Collected data
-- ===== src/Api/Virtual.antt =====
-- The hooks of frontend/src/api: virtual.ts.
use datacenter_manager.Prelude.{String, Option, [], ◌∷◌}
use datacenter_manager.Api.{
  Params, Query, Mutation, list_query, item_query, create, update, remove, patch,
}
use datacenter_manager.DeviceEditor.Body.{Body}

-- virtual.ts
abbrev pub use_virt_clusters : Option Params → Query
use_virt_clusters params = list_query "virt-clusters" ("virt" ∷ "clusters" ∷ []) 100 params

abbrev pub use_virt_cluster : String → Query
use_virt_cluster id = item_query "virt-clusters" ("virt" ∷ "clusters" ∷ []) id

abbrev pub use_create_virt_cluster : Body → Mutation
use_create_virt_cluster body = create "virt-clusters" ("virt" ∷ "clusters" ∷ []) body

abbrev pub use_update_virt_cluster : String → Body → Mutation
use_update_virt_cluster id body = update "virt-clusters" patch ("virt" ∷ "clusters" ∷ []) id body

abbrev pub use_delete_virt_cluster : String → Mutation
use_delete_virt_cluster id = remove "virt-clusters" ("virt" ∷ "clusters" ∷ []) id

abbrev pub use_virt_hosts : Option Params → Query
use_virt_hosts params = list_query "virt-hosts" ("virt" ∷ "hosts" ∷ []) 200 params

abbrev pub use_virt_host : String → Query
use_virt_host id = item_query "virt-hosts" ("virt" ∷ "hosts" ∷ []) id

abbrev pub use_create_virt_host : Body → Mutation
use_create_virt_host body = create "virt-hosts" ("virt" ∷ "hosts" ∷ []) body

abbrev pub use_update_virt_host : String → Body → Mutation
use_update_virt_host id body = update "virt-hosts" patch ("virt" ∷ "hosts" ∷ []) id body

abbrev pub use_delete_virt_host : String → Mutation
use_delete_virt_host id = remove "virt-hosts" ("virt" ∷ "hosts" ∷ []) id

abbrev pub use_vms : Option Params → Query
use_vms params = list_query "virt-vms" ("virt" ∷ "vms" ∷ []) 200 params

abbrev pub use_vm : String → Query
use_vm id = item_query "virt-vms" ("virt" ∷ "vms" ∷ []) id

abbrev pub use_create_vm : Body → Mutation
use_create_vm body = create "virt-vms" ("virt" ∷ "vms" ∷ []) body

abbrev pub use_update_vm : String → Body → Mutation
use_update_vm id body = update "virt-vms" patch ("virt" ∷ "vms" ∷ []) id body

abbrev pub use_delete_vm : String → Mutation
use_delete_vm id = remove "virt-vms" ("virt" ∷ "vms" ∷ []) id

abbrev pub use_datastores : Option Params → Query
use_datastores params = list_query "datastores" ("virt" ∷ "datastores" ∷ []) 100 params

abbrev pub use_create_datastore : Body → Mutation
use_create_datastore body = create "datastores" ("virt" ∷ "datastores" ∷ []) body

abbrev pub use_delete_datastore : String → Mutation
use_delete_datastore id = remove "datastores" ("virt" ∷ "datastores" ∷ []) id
--
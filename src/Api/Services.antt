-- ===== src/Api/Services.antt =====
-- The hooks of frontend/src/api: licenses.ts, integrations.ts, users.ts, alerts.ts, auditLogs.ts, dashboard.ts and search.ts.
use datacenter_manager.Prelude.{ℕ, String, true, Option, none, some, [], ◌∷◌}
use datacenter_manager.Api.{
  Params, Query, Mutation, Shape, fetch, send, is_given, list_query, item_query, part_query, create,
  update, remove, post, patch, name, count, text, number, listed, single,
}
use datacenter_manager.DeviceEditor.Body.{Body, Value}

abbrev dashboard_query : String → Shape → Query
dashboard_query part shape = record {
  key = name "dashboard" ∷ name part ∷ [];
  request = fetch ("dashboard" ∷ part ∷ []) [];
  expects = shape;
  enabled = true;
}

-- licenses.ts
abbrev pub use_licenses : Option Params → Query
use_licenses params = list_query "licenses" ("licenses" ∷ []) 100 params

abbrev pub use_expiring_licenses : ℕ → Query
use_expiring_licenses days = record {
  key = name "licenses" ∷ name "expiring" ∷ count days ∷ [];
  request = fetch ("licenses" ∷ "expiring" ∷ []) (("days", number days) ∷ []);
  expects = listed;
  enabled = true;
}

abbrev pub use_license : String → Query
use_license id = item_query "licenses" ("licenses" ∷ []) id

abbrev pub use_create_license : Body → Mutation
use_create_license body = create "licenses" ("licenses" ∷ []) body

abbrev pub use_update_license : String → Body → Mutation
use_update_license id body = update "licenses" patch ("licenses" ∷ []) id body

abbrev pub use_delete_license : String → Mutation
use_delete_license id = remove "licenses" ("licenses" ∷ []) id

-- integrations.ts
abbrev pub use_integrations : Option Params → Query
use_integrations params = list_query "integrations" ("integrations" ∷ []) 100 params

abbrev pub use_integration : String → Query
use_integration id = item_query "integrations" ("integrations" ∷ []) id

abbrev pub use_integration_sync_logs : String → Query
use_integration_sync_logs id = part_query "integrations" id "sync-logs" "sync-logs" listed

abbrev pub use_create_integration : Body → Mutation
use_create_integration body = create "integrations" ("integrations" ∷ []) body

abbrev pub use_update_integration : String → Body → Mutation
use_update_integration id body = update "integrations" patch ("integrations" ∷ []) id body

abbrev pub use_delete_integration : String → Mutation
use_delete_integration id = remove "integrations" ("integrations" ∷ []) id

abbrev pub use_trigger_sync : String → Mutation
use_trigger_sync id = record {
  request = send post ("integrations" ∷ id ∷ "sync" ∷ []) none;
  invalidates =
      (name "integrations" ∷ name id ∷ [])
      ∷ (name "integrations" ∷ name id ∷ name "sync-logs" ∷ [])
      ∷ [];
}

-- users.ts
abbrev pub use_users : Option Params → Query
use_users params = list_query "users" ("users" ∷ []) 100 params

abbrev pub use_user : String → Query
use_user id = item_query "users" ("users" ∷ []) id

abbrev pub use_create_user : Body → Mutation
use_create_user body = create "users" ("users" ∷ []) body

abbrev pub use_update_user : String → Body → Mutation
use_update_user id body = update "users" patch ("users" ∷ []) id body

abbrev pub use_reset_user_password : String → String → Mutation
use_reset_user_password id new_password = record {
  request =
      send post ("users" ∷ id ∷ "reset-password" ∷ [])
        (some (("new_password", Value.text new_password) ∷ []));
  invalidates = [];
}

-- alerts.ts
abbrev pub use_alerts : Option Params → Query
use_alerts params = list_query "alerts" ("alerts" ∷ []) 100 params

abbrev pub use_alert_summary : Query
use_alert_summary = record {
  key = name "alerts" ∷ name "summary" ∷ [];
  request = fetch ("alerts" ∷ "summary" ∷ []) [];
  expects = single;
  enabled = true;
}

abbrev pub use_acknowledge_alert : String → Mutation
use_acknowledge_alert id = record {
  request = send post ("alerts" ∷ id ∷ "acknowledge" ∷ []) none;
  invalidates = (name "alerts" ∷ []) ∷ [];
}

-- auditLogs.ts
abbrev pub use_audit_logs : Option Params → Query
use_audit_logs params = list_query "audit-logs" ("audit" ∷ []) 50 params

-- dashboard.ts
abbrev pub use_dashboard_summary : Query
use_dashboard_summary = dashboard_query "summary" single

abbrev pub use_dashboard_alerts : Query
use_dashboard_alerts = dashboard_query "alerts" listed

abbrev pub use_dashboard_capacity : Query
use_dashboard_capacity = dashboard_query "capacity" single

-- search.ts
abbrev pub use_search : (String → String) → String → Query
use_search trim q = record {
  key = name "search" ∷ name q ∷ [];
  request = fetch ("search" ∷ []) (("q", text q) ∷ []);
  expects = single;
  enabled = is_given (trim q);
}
---
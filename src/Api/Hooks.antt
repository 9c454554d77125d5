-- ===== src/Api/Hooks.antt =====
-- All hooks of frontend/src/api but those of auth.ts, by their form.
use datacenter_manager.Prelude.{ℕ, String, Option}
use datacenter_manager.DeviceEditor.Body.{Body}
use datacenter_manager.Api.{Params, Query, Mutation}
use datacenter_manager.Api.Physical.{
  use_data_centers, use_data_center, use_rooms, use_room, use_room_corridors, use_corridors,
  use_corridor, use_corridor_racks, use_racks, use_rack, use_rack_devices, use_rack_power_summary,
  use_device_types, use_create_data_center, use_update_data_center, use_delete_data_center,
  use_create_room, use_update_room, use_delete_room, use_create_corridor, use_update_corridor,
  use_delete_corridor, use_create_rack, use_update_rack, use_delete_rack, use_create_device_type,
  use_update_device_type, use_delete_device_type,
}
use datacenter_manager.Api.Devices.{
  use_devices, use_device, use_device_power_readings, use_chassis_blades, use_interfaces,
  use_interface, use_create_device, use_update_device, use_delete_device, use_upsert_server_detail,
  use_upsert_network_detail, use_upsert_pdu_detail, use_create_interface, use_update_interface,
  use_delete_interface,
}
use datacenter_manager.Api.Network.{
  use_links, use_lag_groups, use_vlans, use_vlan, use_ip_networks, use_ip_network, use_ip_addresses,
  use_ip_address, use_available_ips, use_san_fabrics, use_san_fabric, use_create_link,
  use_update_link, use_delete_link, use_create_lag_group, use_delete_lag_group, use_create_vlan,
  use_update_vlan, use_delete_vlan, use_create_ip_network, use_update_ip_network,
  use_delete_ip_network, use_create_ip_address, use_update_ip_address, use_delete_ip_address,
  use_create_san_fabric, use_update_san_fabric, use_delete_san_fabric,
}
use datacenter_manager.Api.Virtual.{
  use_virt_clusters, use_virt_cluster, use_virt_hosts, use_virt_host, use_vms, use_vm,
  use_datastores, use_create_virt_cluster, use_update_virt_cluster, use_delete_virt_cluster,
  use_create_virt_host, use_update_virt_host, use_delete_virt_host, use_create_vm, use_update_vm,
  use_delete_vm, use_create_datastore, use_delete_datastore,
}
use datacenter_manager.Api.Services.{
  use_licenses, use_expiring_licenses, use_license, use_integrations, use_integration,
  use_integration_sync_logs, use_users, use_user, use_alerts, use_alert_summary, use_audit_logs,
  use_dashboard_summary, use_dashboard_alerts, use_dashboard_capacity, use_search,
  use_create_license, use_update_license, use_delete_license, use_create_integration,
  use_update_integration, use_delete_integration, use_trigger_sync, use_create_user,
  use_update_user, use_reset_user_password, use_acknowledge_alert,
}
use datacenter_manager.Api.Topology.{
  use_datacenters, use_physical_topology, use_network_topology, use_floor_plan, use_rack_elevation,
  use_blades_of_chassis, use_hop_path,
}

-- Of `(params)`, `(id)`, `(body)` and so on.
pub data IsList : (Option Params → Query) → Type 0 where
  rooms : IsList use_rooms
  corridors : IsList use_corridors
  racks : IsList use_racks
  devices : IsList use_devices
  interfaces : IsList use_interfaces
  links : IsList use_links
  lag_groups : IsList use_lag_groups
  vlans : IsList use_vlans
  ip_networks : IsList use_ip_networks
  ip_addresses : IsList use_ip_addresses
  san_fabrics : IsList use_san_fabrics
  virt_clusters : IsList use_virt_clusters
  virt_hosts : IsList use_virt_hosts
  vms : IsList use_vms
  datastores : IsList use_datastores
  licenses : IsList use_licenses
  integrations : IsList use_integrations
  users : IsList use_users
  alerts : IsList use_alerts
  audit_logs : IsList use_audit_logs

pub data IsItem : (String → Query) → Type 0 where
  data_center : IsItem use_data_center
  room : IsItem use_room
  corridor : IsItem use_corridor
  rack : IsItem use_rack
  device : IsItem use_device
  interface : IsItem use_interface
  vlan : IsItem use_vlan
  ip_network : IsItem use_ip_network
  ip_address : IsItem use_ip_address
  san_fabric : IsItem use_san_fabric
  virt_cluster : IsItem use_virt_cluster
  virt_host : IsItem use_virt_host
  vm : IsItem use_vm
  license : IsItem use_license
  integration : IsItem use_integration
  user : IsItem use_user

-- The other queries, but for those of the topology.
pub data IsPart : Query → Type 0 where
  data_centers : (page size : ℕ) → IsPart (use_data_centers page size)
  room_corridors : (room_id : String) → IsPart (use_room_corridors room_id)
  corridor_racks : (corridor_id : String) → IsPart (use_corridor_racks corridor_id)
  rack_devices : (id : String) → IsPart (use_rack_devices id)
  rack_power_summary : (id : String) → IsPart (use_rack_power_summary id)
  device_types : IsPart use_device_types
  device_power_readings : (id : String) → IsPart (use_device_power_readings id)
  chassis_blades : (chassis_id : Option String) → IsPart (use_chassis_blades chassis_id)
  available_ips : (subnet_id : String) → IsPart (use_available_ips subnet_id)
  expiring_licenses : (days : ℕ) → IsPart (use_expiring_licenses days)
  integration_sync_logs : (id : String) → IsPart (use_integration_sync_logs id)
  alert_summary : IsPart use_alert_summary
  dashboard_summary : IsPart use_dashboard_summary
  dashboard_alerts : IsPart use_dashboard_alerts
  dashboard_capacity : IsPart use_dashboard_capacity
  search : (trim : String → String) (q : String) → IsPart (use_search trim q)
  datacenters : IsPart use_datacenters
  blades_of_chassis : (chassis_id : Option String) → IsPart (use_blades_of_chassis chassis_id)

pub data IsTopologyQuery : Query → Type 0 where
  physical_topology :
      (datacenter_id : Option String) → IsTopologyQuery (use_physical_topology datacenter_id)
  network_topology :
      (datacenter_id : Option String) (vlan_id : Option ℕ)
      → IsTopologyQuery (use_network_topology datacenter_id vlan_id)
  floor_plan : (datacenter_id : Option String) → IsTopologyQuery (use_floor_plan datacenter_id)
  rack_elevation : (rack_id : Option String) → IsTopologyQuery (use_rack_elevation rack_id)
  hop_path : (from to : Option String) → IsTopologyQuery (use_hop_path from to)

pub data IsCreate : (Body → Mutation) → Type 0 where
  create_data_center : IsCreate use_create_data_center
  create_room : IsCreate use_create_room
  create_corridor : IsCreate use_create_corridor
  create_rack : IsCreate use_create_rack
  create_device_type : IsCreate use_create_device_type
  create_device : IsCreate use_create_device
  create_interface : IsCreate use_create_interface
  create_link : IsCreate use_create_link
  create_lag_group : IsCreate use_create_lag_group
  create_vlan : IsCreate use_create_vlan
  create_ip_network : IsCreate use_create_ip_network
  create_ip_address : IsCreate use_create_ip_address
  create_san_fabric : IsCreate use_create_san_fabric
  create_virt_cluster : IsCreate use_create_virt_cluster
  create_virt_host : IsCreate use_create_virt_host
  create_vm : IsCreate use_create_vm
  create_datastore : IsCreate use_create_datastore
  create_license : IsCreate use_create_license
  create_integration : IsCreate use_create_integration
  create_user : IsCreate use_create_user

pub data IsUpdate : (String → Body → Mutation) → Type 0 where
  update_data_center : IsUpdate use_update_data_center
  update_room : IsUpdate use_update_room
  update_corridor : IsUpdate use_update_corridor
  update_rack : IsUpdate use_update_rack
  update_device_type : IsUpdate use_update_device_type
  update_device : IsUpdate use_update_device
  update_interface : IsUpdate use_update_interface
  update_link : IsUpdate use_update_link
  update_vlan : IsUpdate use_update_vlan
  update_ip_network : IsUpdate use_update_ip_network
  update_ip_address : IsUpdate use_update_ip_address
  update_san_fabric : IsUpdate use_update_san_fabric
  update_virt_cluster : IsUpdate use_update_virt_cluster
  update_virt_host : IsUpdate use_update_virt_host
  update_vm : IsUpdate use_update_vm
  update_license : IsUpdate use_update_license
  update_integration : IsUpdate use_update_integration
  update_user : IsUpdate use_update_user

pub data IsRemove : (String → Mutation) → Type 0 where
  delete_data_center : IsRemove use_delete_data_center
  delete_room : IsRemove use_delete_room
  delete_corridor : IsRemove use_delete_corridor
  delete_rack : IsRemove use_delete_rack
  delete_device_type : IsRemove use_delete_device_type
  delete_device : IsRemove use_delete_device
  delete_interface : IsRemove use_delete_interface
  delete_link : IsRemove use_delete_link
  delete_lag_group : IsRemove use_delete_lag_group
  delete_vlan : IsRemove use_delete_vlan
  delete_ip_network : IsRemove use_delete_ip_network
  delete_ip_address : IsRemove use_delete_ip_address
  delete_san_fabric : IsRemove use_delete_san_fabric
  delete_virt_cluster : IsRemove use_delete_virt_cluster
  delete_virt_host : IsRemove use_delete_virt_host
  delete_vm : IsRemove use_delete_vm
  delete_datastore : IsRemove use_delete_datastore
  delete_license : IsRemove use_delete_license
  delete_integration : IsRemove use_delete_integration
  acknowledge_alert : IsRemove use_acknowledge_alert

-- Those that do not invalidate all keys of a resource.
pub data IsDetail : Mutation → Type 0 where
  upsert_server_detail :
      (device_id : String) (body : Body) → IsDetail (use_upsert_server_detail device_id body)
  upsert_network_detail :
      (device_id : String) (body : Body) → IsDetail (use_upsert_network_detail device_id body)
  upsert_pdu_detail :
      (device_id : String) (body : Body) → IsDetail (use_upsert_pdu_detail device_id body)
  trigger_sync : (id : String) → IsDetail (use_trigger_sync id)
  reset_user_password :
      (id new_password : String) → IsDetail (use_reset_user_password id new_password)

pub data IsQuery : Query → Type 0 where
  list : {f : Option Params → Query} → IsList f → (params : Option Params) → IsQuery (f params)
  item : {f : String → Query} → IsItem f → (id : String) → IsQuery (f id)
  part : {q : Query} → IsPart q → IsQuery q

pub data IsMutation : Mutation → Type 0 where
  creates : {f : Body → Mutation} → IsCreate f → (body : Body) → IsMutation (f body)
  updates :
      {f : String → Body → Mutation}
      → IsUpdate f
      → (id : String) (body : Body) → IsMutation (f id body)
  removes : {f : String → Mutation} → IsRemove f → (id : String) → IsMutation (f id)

TASK DIRECTIONS
Work out how many lines of the data above hold the word "auditLogs", and write only the count.

EXERCISE RESPONSE
2